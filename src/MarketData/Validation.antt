-- ===== src/MarketData/Validation.antt =====
-- packages/market_data/validation.py: raw candles are accepted or reported, never repaired. The time
-- of observation is given; the faults of a candle are those of its model.
pub mod Step
pub mod Accounts
pub mod Streams
pub mod Drift
use mytradingsystem.Domain.{Candle, CandleError, candle}
use mytradingsystem.Base.{
  Bool, ℕ, ℤ, pos, negsuc, neg, ◌+ℤ◌, ◌-ℤ◌, pos_part, ◌≡◌, ◌↔◌, ◌+◌, ◌-◌, ◌*◌, ◌/◌, zero, suc, true,
  false, arith, List, [], ◌∷◌, ◌++◌, String, Option, none, some, DateTime, aware, instant, is_naive,
  second, Result, ok, err, ◌>>=◌, any, ltb, leb, ltb_ℤ, leb_ℤ, ◌==◌, ◌==ℤ◌, ◌&&◌, if◌then◌else◌,
  Dict, KeyTest, eq_of_parts, ap, ap₂, lookup, insert, is_empty,
}

pub record RawCandle : Type 0 where
  pub instrument_id : ℕ
  pub timestamp : DateTime
  pub timeframe_seconds : ℤ
  pub open_price : ℤ
  pub high : ℤ
  pub low : ℤ
  pub close : ℤ
  pub volume : ℤ
  pub source_event_id : String
  pub open_interest : Option ℤ

-- The code of a quality event with its details.
pub data EventCode : Type 0 where
  invalid_timestamp duplicate timestamp_drift : EventCode
  out_of_order : ℕ → EventCode
  feed_gap : ℤ → EventCode
  invalid_candle : CandleError → EventCode

-- `severity == "error"`
abbrev pub is_error : EventCode → Bool
is_error (feed_gap missing) = false
is_error _ = true

pub record QualityEvent : Type 0 where
  pub instrument_id : ℕ
  pub timestamp : ℕ
  pub code : EventCode
  pub raw_event_id : String

-- The one error that leaves `validate`: the division by a timeframe of zero.
pub data ValidateError : Type 0 where
  zero_division : ValidateError

abbrev pub Stream : Type 0
Stream = ℕ × ℤ

abbrev pub same_stream : Stream → Stream → Bool
same_stream (i, f) (j, g) = i == j && f ==ℤ g

same_number : (i j : ℕ) (f g : ℤ) → same_stream (i, f) (j, g) ≡ true → i ≡ j
same_number i j f g h = ground arith

same_frame : (i j : ℕ) (f g : ℤ) → same_stream (i, f) (j, g) ≡ true → f ≡ g
same_frame i j f g h = eq_of_parts f g (ground arith)

same_both : (i j : ℕ) (f g : ℤ) → i ≡ j → f ≡ g → same_stream (i, f) (j, g) ≡ true
same_both i j f g h k = rw (h, k) (ground arith)

pub stream_test_iff : (a b : Stream) → (same_stream a b ≡ true) ↔ (a ≡ b)
stream_test_iff (i, f) (j, g) = (
  λ h. ap₂ (λ a b. (a, b)) (same_number i j f g h) (same_frame i j f g h),
  λ h. same_both i j f g (ap (λ x. x.0) h) (ap (λ x. x.1) h),
)

instance abbrev pub stream_keys : KeyTest Stream
stream_keys = record { same = same_stream; same_iff = stream_test_iff }

-- `(instrument_id, timestamp, timeframe_seconds)`
pub record Identity : Type 0 where
  pub stream : Stream
  pub time : ℕ

abbrev pub same_identity : Identity → Identity → Bool
same_identity a b = same_stream a.stream b.stream && a.time == b.time

-- The local variables of `validate`.
pub record State : Type 0 where
  pub accepted : List Candle
  pub events : List QualityEvent
  pub seen : List Identity
  pub previous_by_stream : Dict Stream ℕ

-- `now` and `maximum_timestamp_drift`, in microseconds.
pub record Clock : Type 0 where
  pub now : ℕ
  pub drift : ℤ

abbrev pub stream_of : RawCandle → Stream
stream_of raw = (raw.instrument_id, raw.timeframe_seconds)

abbrev pub identity_of : RawCandle → Identity
identity_of raw = record { stream = stream_of raw; time = instant raw.timestamp }

-- `seen.add(identity)`
abbrev pub marked : RawCandle → State → State
marked raw s = record s { seen = identity_of raw ∷ s.seen }

-- `timedelta(seconds=n)`
abbrev pub seconds : ℤ → ℤ
seconds (pos n) = pos (n * second)
seconds (negsuc n) = neg (pos (suc n * second))

-- `int(d // n)` for a delay of `d` microseconds and `n` seconds, rounded down; the source computes
-- it from `total_seconds`, which is exact for any delay below 285 years.
abbrev pub missing_in : ℕ → ℤ → Option ℤ
missing_in d (pos zero) = none
missing_in d (pos (suc n)) = some (pos (d / (suc n * second)))
missing_in d (negsuc n) = some (neg (pos ((d + suc n * second - 1) / (suc n * second))))

-- `timestamp - expected`, where it is positive.
abbrev pub gap_of : ℕ → RawCandle → ℕ → ℕ
gap_of previous raw t = pos_part (pos t -ℤ (pos previous +ℤ seconds raw.timeframe_seconds))

abbrev pub event : Clock → RawCandle → EventCode → QualityEvent
event c raw code = record {
  instrument_id = raw.instrument_id;
  timestamp = c.now;
  code = code;
  raw_event_id = raw.source_event_id;
}

abbrev pub report : Clock → RawCandle → EventCode → State → State
report c raw code s = record s { events = s.events ++ event c raw code ∷ [] }

abbrev pub raw_candle : Clock → RawCandle → ℕ → Result CandleError Candle
raw_candle c raw t =
    candle raw.instrument_id (aware t) raw.timeframe_seconds raw.open_price raw.high raw.low
      raw.close raw.volume raw.open_interest
      (leb_ℤ (pos t +ℤ seconds raw.timeframe_seconds) (pos c.now))

-- The `try` at the end of the loop's body.
abbrev pub accept_or_report : Clock → RawCandle → Result CandleError Candle → State → State
accept_or_report c raw (ok k) s = record s { accepted = s.accepted ++ k ∷ [] }
accept_or_report c raw (err x) s = report c raw (invalid_candle x) s

-- `previous_by_stream[stream] = timestamp`
abbrev pub noted : RawCandle → ℕ → State → State
noted raw t s = record s { previous_by_stream = insert (stream_of raw) t s.previous_by_stream }

-- `timestamp > now + self.maximum_timestamp_drift`
abbrev pub is_drifted : Clock → ℕ → Bool
is_drifted c t = ltb_ℤ (pos c.now +ℤ c.drift) (pos t)

-- From that assignment on.
unfoldable pub place : Clock → RawCandle → ℕ → State → State
place c raw t s =
    if is_drifted c t
    then report c raw timestamp_drift (noted raw t s)
    else accept_or_report c raw (raw_candle c raw t) (noted raw t s)

abbrev pub report_gap : Clock → RawCandle → Option ℤ → State → Result ValidateError State
report_gap c raw none s = err zero_division
report_gap c raw (some missing) s = ok (report c raw (feed_gap missing) s)

-- The comparison with the stream's previous time.
unfoldable pub after_previous :
    Clock → RawCandle → ℕ → Option ℕ → State → Result ValidateError State
after_previous c raw t none s = ok (place c raw t s)
after_previous c raw t (some previous) s =
    if ltb t previous
    then ok (report c raw (out_of_order previous) s)
    else if ltb_ℤ (pos previous +ℤ seconds raw.timeframe_seconds) (pos t)
    then (report_gap c raw (missing_in (gap_of previous raw t) raw.timeframe_seconds) s >>= λ s'.
        ok (place c raw t s'))
    else ok (place c raw t s)

-- The body of the loop.
unfoldable pub validate_one : Clock → RawCandle → State → Result ValidateError State
validate_one c raw s =
    if is_naive raw.timestamp
    then ok (report c raw invalid_timestamp s)
    else let t = instant raw.timestamp in
      if any (same_identity (identity_of raw)) s.seen
      then ok (report c raw duplicate s)
      else after_previous c raw t (lookup (stream_of raw) s.previous_by_stream) (marked raw s)

unfoldable pub validate_from : Clock → List RawCandle → State → Result ValidateError State
validate_from c [] s = ok s
validate_from c (raw ∷ raws) s = validate_one c raw s >>= λ s'. validate_from c raws s'

abbrev pub nothing_yet : State
nothing_yet = record { accepted = []; events = []; seen = []; previous_by_stream = [] }

-- `validate`; the result's two tuples are the state's first two fields.
unfoldable pub validate : Clock → List RawCandle → Result ValidateError State
validate c raws = validate_from c raws nothing_yet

◆ ◆ ◆ ◆

> Assignment: For this exercise, please output exactly the lines above starting at the line with "pub raw_event_id : String" and ending at the line with "same_number i j f g h = ground arith", ends included.

> Answer section:
  pub raw_event_id : String

-- The one error that leaves `validate`: the division by a timeframe of zero.
pub data ValidateError : Type 0 where
  zero_division : ValidateError

abbrev pub Stream : Type 0
Stream = ℕ × ℤ

abbrev pub same_stream : Stream → Stream → Bool
same_stream (i, f) (j, g) = i == j && f ==ℤ g

same_number : (i j : ℕ) (f g : ℤ) → same_stream (i, f) (j, g) ≡ true → i ≡ j
same_number i j f g h = ground arith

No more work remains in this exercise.